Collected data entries
########################################

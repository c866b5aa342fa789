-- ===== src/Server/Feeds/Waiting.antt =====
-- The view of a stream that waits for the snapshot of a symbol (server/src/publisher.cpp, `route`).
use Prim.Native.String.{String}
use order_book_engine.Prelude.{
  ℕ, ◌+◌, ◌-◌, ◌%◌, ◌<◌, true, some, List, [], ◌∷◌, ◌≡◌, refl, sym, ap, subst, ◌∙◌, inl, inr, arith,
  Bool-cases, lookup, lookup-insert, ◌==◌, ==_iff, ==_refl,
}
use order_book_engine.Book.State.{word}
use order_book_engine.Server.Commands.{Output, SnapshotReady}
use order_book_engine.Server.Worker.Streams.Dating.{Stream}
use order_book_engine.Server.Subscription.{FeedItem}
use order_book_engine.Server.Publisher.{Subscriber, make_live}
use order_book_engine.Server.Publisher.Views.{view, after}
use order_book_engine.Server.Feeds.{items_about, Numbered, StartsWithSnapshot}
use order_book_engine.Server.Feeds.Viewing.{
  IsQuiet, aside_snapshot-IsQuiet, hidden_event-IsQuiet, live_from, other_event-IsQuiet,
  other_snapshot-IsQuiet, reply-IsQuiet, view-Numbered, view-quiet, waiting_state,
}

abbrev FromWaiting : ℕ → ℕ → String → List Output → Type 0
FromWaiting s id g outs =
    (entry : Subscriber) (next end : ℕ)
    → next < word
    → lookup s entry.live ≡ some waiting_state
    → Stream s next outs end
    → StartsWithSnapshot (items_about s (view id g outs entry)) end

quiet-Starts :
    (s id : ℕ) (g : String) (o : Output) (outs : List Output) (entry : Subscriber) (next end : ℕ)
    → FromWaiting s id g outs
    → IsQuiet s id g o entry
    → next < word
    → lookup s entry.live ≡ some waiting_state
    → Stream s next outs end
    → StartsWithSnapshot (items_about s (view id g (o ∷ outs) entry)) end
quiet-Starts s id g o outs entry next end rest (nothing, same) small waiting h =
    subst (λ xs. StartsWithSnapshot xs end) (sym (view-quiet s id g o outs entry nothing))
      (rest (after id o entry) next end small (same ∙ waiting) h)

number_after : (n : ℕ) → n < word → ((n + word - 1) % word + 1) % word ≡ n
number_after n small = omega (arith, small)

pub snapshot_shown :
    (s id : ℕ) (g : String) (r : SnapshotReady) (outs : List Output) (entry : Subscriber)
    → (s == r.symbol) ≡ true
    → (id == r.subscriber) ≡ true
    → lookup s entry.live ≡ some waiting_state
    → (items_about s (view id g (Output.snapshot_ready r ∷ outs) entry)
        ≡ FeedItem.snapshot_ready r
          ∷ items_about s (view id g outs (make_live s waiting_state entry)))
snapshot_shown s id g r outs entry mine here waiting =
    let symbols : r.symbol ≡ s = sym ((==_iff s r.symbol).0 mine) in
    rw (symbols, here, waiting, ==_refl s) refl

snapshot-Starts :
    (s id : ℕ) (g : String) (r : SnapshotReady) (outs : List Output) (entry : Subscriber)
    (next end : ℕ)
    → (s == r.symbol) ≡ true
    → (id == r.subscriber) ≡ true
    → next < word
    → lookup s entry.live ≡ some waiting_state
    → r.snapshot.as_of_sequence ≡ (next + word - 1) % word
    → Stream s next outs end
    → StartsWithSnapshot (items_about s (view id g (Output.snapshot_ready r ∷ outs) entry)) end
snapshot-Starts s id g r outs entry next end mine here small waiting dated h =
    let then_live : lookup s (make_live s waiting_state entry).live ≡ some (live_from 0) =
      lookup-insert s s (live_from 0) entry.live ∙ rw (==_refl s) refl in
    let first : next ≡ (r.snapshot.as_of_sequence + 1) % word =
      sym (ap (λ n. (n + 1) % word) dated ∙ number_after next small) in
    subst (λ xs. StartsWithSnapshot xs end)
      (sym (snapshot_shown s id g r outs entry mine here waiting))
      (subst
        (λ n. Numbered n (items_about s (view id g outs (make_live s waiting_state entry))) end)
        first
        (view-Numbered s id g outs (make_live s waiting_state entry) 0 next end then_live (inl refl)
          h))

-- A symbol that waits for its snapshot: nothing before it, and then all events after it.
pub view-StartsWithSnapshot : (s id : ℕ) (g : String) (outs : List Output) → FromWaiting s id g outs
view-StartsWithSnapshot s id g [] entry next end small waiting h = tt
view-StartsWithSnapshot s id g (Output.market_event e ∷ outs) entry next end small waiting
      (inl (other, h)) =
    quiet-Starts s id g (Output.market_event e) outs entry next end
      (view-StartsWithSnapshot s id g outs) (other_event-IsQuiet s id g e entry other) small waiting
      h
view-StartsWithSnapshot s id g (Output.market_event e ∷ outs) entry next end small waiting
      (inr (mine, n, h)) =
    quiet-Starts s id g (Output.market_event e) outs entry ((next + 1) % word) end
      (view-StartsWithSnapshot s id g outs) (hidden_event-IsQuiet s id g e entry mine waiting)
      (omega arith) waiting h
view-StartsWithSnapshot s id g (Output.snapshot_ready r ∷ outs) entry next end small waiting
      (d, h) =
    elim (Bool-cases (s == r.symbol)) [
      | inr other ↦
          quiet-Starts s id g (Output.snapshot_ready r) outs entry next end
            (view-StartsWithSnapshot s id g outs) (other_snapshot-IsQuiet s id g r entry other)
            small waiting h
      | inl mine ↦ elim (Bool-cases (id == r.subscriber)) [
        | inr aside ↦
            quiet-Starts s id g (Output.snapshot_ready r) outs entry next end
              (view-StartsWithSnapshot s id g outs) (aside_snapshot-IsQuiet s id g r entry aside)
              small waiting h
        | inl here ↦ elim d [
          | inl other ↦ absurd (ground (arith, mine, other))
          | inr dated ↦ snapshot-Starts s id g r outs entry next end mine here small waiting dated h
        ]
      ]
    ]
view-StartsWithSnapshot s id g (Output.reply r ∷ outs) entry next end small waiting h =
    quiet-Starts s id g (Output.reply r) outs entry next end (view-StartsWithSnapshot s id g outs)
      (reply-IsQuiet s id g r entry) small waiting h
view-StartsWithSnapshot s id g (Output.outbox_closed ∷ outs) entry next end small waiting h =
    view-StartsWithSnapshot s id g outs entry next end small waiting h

########################################

Problem: Your answer should consist only of the lines from the one that holds "view-StartsWithSnapshot s id g (Output.outbox_closed" to the end of the entries above, both ends included, each repeated exactly.

Response box:
view-StartsWithSnapshot s id g (Output.outbox_closed ∷ outs) entry next end small waiting h =
    view-StartsWithSnapshot s id g outs entry next end small waiting h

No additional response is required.